→ **What the exercise asks**: Output only the lines below that start at the line containing "to_u8-lt div = omega arith" and end at the line containing "to_u8-lt le = omega arith", with both ends kept.

→ **Records to use**:

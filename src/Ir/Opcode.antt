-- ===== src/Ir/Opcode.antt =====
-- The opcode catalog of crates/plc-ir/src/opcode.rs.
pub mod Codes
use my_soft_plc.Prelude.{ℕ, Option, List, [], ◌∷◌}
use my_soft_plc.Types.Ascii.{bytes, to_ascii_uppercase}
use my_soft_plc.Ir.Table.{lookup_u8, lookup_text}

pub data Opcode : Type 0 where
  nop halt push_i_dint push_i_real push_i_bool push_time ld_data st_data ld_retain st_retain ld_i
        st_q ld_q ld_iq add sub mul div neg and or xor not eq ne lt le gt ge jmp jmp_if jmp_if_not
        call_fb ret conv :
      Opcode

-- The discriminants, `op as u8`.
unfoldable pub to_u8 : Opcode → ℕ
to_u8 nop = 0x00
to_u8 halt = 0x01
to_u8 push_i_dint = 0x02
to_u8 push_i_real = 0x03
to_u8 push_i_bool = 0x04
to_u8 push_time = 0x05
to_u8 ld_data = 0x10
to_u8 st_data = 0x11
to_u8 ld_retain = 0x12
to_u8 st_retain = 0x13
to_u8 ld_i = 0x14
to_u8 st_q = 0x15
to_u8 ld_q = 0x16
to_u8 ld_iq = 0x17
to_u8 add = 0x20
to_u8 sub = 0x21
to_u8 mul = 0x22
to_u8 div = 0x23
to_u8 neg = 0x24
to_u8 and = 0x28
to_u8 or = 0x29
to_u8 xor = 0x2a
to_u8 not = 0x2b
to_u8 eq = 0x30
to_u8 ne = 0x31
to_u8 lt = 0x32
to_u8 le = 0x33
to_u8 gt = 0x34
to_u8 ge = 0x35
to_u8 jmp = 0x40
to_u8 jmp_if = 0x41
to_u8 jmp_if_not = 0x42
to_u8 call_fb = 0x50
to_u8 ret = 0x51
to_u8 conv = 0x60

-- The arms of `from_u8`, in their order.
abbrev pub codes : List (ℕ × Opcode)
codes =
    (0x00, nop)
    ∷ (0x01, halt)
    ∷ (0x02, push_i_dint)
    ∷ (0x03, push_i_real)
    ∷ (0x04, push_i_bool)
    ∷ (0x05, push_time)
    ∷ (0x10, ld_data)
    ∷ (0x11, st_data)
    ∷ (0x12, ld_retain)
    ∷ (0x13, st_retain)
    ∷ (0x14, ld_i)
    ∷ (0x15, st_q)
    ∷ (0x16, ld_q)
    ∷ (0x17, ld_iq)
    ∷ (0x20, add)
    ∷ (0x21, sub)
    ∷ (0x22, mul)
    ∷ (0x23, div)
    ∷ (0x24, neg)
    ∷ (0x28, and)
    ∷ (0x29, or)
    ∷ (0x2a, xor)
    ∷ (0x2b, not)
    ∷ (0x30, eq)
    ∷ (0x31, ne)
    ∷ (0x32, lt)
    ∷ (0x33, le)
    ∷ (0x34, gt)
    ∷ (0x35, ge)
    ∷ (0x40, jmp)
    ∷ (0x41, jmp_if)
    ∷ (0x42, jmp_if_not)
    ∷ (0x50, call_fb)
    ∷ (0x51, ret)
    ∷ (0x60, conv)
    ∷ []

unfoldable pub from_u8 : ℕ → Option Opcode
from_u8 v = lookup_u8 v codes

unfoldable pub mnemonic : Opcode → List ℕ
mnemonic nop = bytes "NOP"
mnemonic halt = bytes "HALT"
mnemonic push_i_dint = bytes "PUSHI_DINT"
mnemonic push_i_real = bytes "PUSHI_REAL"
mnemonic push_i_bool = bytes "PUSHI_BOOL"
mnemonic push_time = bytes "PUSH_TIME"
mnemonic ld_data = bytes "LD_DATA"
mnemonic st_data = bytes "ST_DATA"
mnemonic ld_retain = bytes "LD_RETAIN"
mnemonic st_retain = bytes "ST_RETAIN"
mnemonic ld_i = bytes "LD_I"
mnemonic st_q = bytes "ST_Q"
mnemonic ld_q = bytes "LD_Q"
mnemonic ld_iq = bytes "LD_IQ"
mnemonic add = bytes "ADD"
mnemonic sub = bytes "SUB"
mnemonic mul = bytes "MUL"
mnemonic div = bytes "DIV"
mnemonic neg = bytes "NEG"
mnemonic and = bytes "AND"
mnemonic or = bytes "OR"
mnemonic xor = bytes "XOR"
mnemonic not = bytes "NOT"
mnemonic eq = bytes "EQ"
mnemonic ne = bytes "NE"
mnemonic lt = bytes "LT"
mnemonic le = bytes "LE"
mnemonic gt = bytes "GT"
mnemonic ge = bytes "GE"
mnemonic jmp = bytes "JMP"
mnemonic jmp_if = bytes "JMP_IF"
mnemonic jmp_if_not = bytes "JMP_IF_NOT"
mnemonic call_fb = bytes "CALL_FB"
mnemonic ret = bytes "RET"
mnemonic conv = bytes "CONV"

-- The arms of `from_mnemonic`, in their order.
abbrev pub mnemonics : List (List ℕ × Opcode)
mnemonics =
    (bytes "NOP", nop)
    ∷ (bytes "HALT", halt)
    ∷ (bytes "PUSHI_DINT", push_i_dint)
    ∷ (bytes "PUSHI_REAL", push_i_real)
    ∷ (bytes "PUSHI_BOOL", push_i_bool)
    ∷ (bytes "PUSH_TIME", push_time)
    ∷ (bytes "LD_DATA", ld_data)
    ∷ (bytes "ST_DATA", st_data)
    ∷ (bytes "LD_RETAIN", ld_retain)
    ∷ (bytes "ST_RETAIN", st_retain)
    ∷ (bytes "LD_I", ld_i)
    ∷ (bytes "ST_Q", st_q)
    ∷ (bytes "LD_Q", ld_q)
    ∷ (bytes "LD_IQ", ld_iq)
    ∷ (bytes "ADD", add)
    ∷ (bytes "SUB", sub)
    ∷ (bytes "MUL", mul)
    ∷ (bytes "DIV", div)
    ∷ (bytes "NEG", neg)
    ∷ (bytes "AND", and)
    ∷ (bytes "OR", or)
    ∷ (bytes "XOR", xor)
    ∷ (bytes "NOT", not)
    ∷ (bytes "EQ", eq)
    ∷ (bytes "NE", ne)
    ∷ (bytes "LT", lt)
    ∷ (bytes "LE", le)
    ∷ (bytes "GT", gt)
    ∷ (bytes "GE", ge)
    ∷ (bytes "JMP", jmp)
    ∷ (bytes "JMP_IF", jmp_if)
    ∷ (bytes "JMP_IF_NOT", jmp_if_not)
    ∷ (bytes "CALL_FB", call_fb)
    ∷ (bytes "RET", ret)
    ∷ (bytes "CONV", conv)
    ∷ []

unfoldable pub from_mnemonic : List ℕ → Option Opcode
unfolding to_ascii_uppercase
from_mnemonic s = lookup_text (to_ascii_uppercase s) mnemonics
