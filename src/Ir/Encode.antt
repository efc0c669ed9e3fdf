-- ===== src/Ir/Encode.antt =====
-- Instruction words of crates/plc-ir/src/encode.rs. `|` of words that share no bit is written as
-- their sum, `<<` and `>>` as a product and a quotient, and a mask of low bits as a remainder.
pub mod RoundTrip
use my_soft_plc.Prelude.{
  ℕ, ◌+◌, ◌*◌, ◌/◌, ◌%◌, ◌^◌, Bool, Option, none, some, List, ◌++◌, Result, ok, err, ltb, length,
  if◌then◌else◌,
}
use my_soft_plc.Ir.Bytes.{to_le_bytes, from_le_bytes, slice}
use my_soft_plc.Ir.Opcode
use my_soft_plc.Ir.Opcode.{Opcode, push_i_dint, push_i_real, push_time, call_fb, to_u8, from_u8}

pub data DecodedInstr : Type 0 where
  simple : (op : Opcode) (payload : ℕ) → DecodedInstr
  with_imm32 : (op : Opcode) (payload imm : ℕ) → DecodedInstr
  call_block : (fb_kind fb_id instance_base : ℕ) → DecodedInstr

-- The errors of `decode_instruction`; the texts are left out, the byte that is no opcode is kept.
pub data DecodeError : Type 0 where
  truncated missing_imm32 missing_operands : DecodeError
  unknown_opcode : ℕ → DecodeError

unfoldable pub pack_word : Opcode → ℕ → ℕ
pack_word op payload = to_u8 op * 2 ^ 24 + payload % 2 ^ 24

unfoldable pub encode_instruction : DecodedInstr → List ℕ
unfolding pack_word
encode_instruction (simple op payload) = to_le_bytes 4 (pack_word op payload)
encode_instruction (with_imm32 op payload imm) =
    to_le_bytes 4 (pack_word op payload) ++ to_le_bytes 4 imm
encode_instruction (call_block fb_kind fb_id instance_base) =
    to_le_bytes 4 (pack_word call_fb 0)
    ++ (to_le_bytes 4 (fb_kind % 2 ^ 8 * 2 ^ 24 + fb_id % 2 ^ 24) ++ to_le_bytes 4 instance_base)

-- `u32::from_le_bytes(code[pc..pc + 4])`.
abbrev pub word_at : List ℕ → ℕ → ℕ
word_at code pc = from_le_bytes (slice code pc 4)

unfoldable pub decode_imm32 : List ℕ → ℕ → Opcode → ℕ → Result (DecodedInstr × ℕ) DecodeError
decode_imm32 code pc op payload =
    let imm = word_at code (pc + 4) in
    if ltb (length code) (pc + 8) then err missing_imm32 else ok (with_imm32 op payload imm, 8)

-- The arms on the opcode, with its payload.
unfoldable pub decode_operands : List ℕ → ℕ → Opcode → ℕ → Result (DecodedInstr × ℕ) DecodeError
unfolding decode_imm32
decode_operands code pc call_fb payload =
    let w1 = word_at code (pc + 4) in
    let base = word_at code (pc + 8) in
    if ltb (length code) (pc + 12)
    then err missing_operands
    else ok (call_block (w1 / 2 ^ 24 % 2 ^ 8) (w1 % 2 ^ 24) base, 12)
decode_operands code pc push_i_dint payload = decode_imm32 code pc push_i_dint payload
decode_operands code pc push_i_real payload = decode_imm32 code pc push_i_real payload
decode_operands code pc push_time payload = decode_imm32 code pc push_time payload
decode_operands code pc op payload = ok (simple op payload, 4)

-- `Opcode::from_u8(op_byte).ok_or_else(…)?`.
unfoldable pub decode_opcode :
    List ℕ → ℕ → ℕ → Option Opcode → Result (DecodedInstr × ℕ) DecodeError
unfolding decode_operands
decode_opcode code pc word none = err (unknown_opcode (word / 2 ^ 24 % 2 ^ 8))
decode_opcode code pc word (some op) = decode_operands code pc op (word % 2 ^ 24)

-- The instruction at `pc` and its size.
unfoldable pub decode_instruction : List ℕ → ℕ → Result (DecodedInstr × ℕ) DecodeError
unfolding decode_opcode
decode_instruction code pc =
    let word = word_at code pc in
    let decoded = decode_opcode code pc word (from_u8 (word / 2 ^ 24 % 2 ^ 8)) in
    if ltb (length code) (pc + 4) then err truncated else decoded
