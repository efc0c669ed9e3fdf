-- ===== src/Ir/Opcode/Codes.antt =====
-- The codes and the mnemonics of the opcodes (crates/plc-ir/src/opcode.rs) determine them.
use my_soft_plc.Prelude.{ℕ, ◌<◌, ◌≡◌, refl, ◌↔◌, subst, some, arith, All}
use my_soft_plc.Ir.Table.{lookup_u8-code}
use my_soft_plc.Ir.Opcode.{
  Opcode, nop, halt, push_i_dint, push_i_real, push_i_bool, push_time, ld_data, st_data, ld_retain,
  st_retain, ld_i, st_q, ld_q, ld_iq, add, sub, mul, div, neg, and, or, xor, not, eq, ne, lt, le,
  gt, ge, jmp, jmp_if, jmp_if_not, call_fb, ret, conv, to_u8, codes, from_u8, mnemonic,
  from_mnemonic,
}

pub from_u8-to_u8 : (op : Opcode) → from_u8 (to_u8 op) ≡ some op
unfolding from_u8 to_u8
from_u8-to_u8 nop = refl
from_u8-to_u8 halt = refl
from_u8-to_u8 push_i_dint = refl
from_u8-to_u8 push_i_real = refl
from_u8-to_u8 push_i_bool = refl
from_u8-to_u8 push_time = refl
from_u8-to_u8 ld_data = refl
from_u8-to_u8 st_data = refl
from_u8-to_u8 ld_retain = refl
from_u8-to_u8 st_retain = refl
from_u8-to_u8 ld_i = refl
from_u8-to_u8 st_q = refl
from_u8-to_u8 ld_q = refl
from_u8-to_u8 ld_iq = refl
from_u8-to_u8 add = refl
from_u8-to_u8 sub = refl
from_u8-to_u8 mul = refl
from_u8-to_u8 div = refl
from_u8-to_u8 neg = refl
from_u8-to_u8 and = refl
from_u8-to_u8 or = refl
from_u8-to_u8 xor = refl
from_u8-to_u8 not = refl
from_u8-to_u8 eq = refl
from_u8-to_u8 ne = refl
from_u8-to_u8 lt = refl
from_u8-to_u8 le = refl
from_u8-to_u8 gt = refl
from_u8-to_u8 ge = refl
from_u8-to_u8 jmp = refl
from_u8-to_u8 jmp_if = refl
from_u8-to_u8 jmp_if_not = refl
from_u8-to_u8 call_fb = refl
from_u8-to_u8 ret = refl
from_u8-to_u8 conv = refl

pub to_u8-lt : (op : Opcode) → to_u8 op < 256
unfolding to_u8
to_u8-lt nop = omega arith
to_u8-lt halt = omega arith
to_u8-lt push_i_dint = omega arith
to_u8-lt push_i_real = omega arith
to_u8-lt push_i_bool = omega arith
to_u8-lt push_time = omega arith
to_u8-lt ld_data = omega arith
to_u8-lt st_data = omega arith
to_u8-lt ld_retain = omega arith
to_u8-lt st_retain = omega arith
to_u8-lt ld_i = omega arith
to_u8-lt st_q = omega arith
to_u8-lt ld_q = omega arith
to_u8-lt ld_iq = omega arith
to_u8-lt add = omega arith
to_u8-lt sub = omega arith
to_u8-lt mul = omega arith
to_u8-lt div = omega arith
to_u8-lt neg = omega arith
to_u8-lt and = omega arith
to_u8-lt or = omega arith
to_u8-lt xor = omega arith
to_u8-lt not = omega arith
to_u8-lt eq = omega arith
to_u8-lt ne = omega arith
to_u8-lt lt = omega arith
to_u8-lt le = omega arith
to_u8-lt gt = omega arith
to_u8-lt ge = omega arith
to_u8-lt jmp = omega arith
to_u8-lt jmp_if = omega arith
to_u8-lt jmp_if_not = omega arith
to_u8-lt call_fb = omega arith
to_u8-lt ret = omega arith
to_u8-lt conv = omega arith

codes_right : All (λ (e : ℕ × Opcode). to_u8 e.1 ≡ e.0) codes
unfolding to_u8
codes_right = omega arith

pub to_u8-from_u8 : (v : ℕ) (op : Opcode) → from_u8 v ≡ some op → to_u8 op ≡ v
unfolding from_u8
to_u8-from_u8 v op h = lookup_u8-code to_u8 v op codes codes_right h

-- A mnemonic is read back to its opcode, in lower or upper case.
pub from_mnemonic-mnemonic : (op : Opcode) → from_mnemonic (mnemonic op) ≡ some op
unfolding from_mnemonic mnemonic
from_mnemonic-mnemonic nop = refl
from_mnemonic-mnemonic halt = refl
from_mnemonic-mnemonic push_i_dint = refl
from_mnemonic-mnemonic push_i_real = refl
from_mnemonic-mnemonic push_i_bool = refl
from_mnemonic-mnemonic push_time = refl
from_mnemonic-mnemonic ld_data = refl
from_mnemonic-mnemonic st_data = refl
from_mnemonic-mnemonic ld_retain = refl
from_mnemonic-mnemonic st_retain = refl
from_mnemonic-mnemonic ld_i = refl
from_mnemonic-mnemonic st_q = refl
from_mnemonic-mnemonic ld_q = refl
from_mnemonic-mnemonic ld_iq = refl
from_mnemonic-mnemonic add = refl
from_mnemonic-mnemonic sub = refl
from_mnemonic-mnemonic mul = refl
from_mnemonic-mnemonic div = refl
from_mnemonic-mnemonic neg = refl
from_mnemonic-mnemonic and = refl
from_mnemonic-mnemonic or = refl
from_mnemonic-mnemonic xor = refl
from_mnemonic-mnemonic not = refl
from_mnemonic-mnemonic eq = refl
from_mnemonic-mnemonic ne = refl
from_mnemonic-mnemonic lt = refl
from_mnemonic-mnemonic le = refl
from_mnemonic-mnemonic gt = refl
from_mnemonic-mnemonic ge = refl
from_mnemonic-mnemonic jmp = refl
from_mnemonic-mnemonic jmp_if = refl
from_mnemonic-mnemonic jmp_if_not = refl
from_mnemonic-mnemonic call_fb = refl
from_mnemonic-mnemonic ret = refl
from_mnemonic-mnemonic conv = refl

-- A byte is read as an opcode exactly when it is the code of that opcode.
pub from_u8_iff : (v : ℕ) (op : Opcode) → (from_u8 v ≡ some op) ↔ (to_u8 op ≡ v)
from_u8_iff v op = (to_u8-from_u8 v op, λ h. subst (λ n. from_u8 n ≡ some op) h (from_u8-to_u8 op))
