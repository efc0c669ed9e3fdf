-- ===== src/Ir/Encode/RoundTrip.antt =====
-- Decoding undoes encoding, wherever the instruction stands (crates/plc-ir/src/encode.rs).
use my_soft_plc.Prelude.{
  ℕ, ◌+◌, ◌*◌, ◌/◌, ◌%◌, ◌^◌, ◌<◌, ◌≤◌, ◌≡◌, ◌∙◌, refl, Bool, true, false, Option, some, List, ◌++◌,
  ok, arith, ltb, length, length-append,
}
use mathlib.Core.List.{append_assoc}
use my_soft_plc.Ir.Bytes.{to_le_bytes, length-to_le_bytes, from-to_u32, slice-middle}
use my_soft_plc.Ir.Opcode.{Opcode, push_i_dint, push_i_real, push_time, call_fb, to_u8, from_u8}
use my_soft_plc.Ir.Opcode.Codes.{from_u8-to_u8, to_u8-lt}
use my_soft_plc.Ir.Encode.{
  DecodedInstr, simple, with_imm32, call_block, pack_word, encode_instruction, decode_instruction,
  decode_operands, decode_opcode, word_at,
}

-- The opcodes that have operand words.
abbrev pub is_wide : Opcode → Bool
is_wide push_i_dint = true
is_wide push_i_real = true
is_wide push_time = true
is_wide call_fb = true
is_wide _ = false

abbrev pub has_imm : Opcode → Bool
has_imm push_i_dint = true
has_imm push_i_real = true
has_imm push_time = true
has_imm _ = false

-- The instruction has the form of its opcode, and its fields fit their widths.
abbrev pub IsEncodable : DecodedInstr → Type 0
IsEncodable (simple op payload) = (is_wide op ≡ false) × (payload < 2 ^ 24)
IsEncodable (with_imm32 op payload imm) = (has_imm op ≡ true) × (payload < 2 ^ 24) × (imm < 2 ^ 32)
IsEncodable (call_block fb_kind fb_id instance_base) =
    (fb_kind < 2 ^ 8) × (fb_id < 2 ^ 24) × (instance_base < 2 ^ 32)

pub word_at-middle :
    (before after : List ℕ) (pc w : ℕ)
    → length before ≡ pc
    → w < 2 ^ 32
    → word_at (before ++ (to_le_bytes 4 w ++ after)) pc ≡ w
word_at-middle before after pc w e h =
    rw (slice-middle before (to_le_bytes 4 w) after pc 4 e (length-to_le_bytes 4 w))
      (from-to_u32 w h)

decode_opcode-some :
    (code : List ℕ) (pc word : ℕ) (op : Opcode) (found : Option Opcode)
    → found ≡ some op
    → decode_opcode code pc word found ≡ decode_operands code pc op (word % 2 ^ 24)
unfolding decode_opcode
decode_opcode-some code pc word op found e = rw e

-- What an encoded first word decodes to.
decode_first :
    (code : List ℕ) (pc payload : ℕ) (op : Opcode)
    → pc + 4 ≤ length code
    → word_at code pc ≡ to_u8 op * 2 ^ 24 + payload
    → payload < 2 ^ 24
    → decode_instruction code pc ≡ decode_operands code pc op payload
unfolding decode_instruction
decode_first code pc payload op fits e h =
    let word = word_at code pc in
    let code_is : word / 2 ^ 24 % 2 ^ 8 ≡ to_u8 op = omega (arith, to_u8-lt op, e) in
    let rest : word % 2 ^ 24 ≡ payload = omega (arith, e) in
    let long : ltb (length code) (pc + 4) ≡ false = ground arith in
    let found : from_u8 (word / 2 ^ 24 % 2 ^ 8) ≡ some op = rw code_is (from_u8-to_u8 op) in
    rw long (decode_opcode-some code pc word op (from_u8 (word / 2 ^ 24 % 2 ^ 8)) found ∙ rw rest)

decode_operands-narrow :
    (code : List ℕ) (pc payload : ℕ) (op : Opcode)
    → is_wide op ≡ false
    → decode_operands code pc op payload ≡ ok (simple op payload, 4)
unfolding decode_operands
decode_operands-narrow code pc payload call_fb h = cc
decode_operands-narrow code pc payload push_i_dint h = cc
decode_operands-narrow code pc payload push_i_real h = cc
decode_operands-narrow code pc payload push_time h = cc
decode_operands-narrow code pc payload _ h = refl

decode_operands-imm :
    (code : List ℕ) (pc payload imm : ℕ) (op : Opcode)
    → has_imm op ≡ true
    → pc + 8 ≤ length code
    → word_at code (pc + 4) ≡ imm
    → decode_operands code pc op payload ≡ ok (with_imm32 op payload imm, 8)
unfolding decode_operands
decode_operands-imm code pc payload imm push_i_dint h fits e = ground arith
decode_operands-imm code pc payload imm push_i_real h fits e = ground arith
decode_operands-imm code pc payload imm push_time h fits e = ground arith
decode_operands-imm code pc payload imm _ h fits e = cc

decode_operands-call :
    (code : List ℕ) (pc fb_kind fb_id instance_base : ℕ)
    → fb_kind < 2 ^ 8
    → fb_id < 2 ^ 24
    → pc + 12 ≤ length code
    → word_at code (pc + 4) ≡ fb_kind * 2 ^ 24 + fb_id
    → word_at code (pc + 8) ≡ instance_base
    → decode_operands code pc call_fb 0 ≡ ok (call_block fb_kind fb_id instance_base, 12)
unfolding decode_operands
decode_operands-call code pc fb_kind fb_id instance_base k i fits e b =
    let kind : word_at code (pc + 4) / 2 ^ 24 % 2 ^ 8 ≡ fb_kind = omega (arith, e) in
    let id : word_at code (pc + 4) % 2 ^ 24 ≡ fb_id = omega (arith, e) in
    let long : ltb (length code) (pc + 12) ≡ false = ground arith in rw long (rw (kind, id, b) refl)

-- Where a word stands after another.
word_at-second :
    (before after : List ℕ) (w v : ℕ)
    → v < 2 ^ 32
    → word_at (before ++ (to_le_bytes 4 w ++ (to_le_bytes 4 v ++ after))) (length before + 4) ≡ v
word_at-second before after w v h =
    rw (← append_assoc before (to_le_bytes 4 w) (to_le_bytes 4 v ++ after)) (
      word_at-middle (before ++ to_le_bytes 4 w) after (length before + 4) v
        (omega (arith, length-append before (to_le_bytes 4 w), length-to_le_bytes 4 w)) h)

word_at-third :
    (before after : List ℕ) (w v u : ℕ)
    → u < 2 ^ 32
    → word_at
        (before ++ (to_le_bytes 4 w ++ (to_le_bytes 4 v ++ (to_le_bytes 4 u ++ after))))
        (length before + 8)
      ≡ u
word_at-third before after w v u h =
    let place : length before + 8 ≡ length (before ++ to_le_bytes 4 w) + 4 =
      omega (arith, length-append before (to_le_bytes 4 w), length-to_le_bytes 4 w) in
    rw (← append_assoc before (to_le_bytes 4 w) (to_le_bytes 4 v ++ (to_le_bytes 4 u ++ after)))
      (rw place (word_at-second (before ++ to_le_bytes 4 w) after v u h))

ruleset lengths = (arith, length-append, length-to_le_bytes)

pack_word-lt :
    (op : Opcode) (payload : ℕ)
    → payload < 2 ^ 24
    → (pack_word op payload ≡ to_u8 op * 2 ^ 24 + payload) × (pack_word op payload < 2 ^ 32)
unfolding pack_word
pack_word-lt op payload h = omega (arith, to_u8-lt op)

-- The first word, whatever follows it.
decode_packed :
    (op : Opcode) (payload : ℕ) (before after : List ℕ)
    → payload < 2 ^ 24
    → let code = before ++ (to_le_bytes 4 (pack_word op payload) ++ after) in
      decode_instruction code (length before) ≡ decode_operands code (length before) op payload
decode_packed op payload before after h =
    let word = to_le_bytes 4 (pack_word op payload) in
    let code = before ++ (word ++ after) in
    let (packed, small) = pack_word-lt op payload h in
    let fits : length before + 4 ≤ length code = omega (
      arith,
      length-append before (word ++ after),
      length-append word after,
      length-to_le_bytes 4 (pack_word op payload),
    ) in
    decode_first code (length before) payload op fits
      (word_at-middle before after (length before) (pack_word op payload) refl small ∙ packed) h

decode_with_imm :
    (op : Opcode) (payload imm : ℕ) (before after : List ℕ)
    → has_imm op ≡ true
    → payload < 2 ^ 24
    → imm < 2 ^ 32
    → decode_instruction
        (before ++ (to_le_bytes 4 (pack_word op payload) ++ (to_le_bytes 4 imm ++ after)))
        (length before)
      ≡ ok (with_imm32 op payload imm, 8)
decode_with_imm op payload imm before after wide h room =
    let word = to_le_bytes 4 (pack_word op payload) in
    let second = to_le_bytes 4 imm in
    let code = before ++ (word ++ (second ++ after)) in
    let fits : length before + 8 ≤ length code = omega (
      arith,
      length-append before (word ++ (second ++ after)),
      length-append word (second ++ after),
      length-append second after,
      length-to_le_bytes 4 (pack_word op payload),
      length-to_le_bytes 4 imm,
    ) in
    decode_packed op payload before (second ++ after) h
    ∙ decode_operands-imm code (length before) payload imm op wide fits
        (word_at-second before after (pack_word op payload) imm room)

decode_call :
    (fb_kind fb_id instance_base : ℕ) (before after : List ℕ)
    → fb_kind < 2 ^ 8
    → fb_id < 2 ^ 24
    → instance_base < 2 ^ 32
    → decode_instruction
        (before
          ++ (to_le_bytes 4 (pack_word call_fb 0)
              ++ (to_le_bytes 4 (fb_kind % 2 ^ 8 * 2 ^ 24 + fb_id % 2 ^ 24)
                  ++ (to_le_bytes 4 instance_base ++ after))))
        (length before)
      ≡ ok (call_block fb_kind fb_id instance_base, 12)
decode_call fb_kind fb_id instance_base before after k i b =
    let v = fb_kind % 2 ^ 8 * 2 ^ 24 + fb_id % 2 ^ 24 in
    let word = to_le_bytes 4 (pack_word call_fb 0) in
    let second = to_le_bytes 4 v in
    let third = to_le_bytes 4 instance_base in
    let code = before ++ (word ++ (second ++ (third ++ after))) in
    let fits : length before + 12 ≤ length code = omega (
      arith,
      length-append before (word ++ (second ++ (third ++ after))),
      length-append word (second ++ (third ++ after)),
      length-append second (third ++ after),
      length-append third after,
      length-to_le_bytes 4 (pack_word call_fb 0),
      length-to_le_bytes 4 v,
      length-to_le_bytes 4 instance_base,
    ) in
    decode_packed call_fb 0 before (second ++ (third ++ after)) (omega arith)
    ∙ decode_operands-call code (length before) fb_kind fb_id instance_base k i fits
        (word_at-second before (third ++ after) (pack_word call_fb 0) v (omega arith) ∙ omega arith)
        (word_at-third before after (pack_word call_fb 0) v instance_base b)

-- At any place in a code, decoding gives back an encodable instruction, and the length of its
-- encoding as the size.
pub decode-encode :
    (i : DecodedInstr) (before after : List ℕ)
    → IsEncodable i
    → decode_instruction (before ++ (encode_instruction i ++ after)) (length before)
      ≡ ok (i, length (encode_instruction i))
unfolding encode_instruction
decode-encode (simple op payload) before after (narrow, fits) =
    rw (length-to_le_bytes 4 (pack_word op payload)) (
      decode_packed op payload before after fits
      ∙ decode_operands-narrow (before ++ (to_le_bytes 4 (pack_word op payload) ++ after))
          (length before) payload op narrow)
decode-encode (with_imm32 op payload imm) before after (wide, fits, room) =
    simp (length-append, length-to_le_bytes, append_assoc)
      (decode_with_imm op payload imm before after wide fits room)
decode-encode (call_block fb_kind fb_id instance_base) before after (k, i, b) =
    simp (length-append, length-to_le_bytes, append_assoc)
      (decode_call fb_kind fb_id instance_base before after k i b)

→ **Answer section**:
to_u8-lt div = omega arith
to_u8-lt neg = omega arith
to_u8-lt and = omega arith
to_u8-lt or = omega arith
to_u8-lt xor = omega arith
to_u8-lt not = omega arith
to_u8-lt eq = omega arith
to_u8-lt ne = omega arith
to_u8-lt lt = omega arith
to_u8-lt le = omega arith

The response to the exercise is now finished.